# 1980 Marshall Master Model 50w Mk.2 Lead (JMP 2204)



## gitbent67

1980 Marshall Master Model 50w Mk.2 Lead (JMP 2204)

I have for sale a 1980 Marshall Master Model 50w Mk.2 Lead (JMP 2204) head. It has been used on a regular basis, is in good condition and shows some signs of wear. The plastic Marshall logo is missing. The tolex is torn and two corner guards are missing from the bottom left corner. Brass caps are missing from the treble, master volume and pre-amp volume knobs. Everything functions well and the tone is fantastic. This is a great amp for playing out.

I also have a 4X12 Marshal cabinet (1960A Lead) with the slant face in excellent, like-new condition with very few hours on it. The cabinet is rated for 300 watts and houses 4 Celestion G12T-75W speakers. 

I am asking $1500.00 for the pair.

Anyone in the area is welcome to come by for a look or to test it out.


----------



## gitbent67

Actually, I am selling this to help finance a 70's *Rickenbacker 4001* bass. If you are interested and happen to have an old Rick laying around, I might be interested in negotiating a trade...


----------



## gitbent67

Here's a few internal pictures of the amp...

All comments are welcome!


----------



## Paramedic006

That is very sweet. Nothing better than Marshall porn.


----------



## kevinredSG

would you be willing to seperate? i already have a 1960a cab


----------



## custom53

kevinredSG said:


> would you be willing to seperate? i already have a 1960a cab



How much for the cab...?


----------



## jcmjmp

How much for just the head? That looks like a nice head despite the cosmetics.


----------



## gitbent67

Thanks for your responses.

I would be willing to sell these items seperately.
I will consider offers on a first come, first served basis.
Anyone interested can email me their offer at this email address.


----------



## gitbent67

I'd sell the cab seperately for $500.00 (USD)


----------



## gitbent67

Bump-->>

It's still available...any offers??
This guy needs a home!
:cool2:

I might be interested in other trades....maybe a Les Paul Traditional or something else of equal value?
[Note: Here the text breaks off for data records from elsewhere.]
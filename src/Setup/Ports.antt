-- ===== src/Setup/Ports.antt =====
-- src/setup.rs: the wizard returns a valid port.
use wakezilla.Prelude.{
  ltb, ◌==◌, ltb→lt, Bool-cases, length, codes, is_ascii_digit, parse_uint-le, ℕ, ◌≤◌, ◌<◌, String,
  ◌≡◌, refl, sym, ◌∙◌, subst, ◌⊎◌, inl, inr, ◌&&◌, Option, none, some, List, [], ◌∷◌, arith,
}
use wakezilla.Service.{Mode, proxy, client}
use wakezilla.Setup.{
  SetupArgs, Step, Wizard, KeyCode, Event, Outcome, u16_max, parse_u16, push_digit, new_wizard,
  set_wizard_mode, other_mode, is_action_key_event, is_cancel, on_mode_char, on_mode_select,
  check_port, on_port_input, on_confirm, on_step, on_event, wizard_loop, mode_select, port_input,
  confirm, esc, enter, backspace, left, right, other_key, char, key_event, other_event, timeout,
  continues, chosen, cancelled, proceed,
}

abbrev pub IsPort : ℕ → Type 0
IsPort p = (0 < p) × (p ≤ u16_max)

-- The text of a port has been checked before it is to be confirmed.
abbrev pub IsChecked : Step → String → Type 0
IsChecked mode_select s = Unit {0}
IsChecked port_input s = Unit {0}
IsChecked confirm s = (p : ℕ) × (parse_u16 s ≡ some p) × (0 < p)

abbrev pub IsGood : Outcome → Type 0
IsGood (continues w) = IsChecked w.step w.port_text
IsGood (chosen mode port) = IsPort port
IsGood cancelled = Unit {0}

not_confirming : (step : Step) (s : String) → step ≡ mode_select → IsChecked step s
not_confirming mode_select s h = tt
not_confirming port_input s h = tt
not_confirming confirm s h = cc

set_wizard_mode-step : (w : Wizard) (mode : Mode) → (set_wizard_mode w mode).step ≡ w.step
unfolding set_wizard_mode
set_wizard_mode-step w mode = ground arith

on_mode_char-step : (w : Wizard) (c : ℕ) → (on_mode_char w c).step ≡ w.step
unfolding on_mode_char
on_mode_char-step w c = ground (
  arith,
  set_wizard_mode-step w (other_mode w.mode),
  set_wizard_mode-step w proxy,
  set_wizard_mode-step w client,
)

on_mode_select-IsGood :
    (w : Wizard) (code : KeyCode)
    → w.step ≡ mode_select
    → IsGood (continues (on_mode_select w code))
unfolding on_mode_select
on_mode_select-IsGood w left h = not_confirming _ _ (set_wizard_mode-step w (other_mode w.mode) ∙ h)
on_mode_select-IsGood w right h =
    not_confirming _ _ (set_wizard_mode-step w (other_mode w.mode) ∙ h)
on_mode_select-IsGood w (char c) h = not_confirming _ _ (on_mode_char-step w c ∙ h)
on_mode_select-IsGood w enter h = tt
on_mode_select-IsGood w esc h = not_confirming _ _ h
on_mode_select-IsGood w backspace h = not_confirming _ _ h
on_mode_select-IsGood w other_key h = not_confirming _ _ h

unchecked_input : (step : Step) (s : String) → step ≡ port_input → IsChecked step s
unchecked_input mode_select s h = tt
unchecked_input port_input s h = tt
unchecked_input confirm s h = cc

check_port-IsGood :
    (w : Wizard) (parsed : Option ℕ)
    → w.step ≡ port_input
    → parse_u16 w.port_text ≡ parsed
    → IsGood (continues (check_port w parsed))
unfolding check_port
check_port-IsGood w none h e = unchecked_input _ _ h
check_port-IsGood w (some p) h e = elim (Bool-cases (ltb 0 p)) [
  | inl positive ↦ rw positive (p, e, ltb→lt 0 p positive)
  | inr bad ↦ rw bad (unchecked_input _ _ h)
]

on_port_input-IsGood :
    (w : Wizard) (code : KeyCode) → w.step ≡ port_input → IsGood (continues (on_port_input w code))
unfolding on_port_input
on_port_input-IsGood w (char c) h =
    elim (Bool-cases (is_ascii_digit c && ltb (length (codes w.port_text)) 5)) [
      | inl digit ↦ rw digit (unchecked_input w.step (push_digit w.port_text c) h)
      | inr bad ↦ rw bad (unchecked_input w.step w.port_text h)
    ]
on_port_input-IsGood w backspace h = unchecked_input _ _ h
on_port_input-IsGood w enter h = check_port-IsGood w (parse_u16 w.port_text) h refl
on_port_input-IsGood w esc h = unchecked_input _ _ h
on_port_input-IsGood w left h = unchecked_input _ _ h
on_port_input-IsGood w right h = unchecked_input _ _ h
on_port_input-IsGood w other_key h = unchecked_input _ _ h

on_confirm-IsGood :
    (w : Wizard) (code : KeyCode) (p : ℕ)
    → parse_u16 w.port_text ≡ some p
    → 0 < p
    → IsChecked w.step w.port_text
    → IsGood (on_confirm w code)
unfolding on_confirm
on_confirm-IsGood w enter p e positive h = rw e (positive, parse_uint-le u16_max w.port_text p e)
on_confirm-IsGood w (char c) p e positive h = elim (Bool-cases (c == b'b')) [
  | inl back ↦ rw back tt
  | inr stay ↦ rw stay h
]
on_confirm-IsGood w esc p e positive h = h
on_confirm-IsGood w backspace p e positive h = h
on_confirm-IsGood w left p e positive h = h
on_confirm-IsGood w right p e positive h = h
on_confirm-IsGood w other_key p e positive h = h

on_step-IsGood :
    (step : Step) (w : Wizard) (code : KeyCode)
    → w.step ≡ step
    → IsChecked step w.port_text
    → IsGood (on_step step w code)
unfolding on_step
on_step-IsGood mode_select w code e h = on_mode_select-IsGood w code e
on_step-IsGood port_input w code e h = on_port_input-IsGood w code e
on_step-IsGood confirm w code e h =
    on_confirm-IsGood w code h.0 h.1 h.2 (subst (λ s. IsChecked s w.port_text) (sym e) h)

on_event-IsGood :
    (w : Wizard) (event : Event) → IsChecked w.step w.port_text → IsGood (on_event w event)
unfolding on_event
on_event-IsGood w timeout h = h
on_event-IsGood w other_event h = h
on_event-IsGood w (key_event key) h = elim (Bool-cases (is_action_key_event key)) [
  | inl action ↦ elim (Bool-cases (is_cancel key.code key.control)) [
    | inl cancel ↦ rw (action, cancel) tt
    | inr step ↦ rw (action, step) (on_step-IsGood w.step w key.code refl h)
  ]
  | inr released ↦ rw released h
]

Outcome-cases :
    (o : Outcome)
    → ((w : Wizard) × (o ≡ continues w))
      ⊎ (((mode : Mode) × ((port : ℕ) × (o ≡ chosen mode port))) ⊎ (o ≡ cancelled))
Outcome-cases (continues w) = inl (w, refl)
Outcome-cases (chosen mode port) = inr (inl (mode, (port, refl)))
Outcome-cases cancelled = inr (inr refl)

wizard_loop-IsGood :
    (w : Wizard) (events : List Event)
    → IsChecked w.step w.port_text
    → IsGood (wizard_loop w events)
unfolding wizard_loop proceed
wizard_loop-IsGood w [] h = h
wizard_loop-IsGood w (event ∷ events) h =
    let good = on_event-IsGood w event h in
    elim (Outcome-cases (on_event w event)) [
      | inl (w', e) ↦ rw e (wizard_loop-IsGood w' events (subst IsGood e good))
      | inr (inl (mode, (port, e))) ↦ rw e (subst IsGood e good)
      | inr (inr e) ↦ rw e tt
    ]

-- A mode and a port that the wizard returns come with a port from 1 to 65535, whatever was given on
-- the command line and whatever keys were pressed.
pub wizard_loop-IsPort :
    (args : SetupArgs) (events : List Event) (mode : Mode) (port : ℕ)
    → wizard_loop (new_wizard args) events ≡ chosen mode port
    → IsPort port
unfolding new_wizard
wizard_loop-IsPort args events mode port h =
    subst IsGood h (wizard_loop-IsGood (new_wizard args) events tt)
...still looking for a Rcik 4001 or 4003 also!


----------



## kurtsstuff

Email sent on the head


----------



## gitbent67

Response sent.


----------



## gitbent67

Both the amp and head are still available. Any offers out there?


----------



## gitbent67

Still taking offers...


----------



## gitbent67

bump


----------



## gitbent67

I'm getting a lot of looks, but no offers...anybody interested?


----------



## Jonny333

Sorry to be a n00b, but could you explain what the MK2 stands for and how it differs from other JMPs?
Thanks and best of luck with the sale!


----------



## gitbent67

Jonny333 --->>> That's a very good question. I've always been a bit foggy on the whole MK2 naming.
I found this info that someone else posted, so you may want to verify it your self:



> If you look in the "Doyle" book (on the history of Marshall)
> 
> From Page 18:
> 
> "With the design specification now settled on, the first production amps were made for customers towards the end of 1962 at about one a week in Jim's shop in Hanwell, growing in 1963 to one a day, five a week, with the components purchased on the sixth day, leaving the seventh day for rest!
> Ken was especially keen to have an impressive front panel, so he ordered a batch of expensive, highly polished aluminum facias with black lettering and used these from serial number 1004 onwards for a total of about 250 units. (Marshall serial numbers at this time started at 1001 and continued consecutively from that point on.)
> Since subsequent models were known as MKII, the prototype was theoretically called the MKI.
> 
> There were a few other distinguishing features of these early control panels:
> there was no reference to a model number, such as JTM-45 (or for that matter JMP, JCM, etc.)
> the four input jacks were set very closely together; and
> they all had a polarity switch
> 
> Later production models had a different type of aluminum panel, which had the polarity switch removed, the input jacks spaced further apart, ant "JTM45" and "MKII" printed on the right and left sides, respectively.
> Incidentally "JTM" stands for "Jim and Terry Marshall", Terry being Jim's son"...
> 
> I'm not going to quote more but basically in mid 67 they ditched the MKII and replaced it with JTM. This was during the short lived JTM50 production time -before the 1987 or 1959, etc came around.
> 
> What this means is that the MKII designation means close to NOTHING considering how many amps and design changes came and went with this MKII designation on the front panel. For example you can find JTM45s, JTM50s, or amps with nothing printed on them besides MKII.
> Yet, I hear so called "Marshall experts" talk about MKII amps all the time like it was a specific model...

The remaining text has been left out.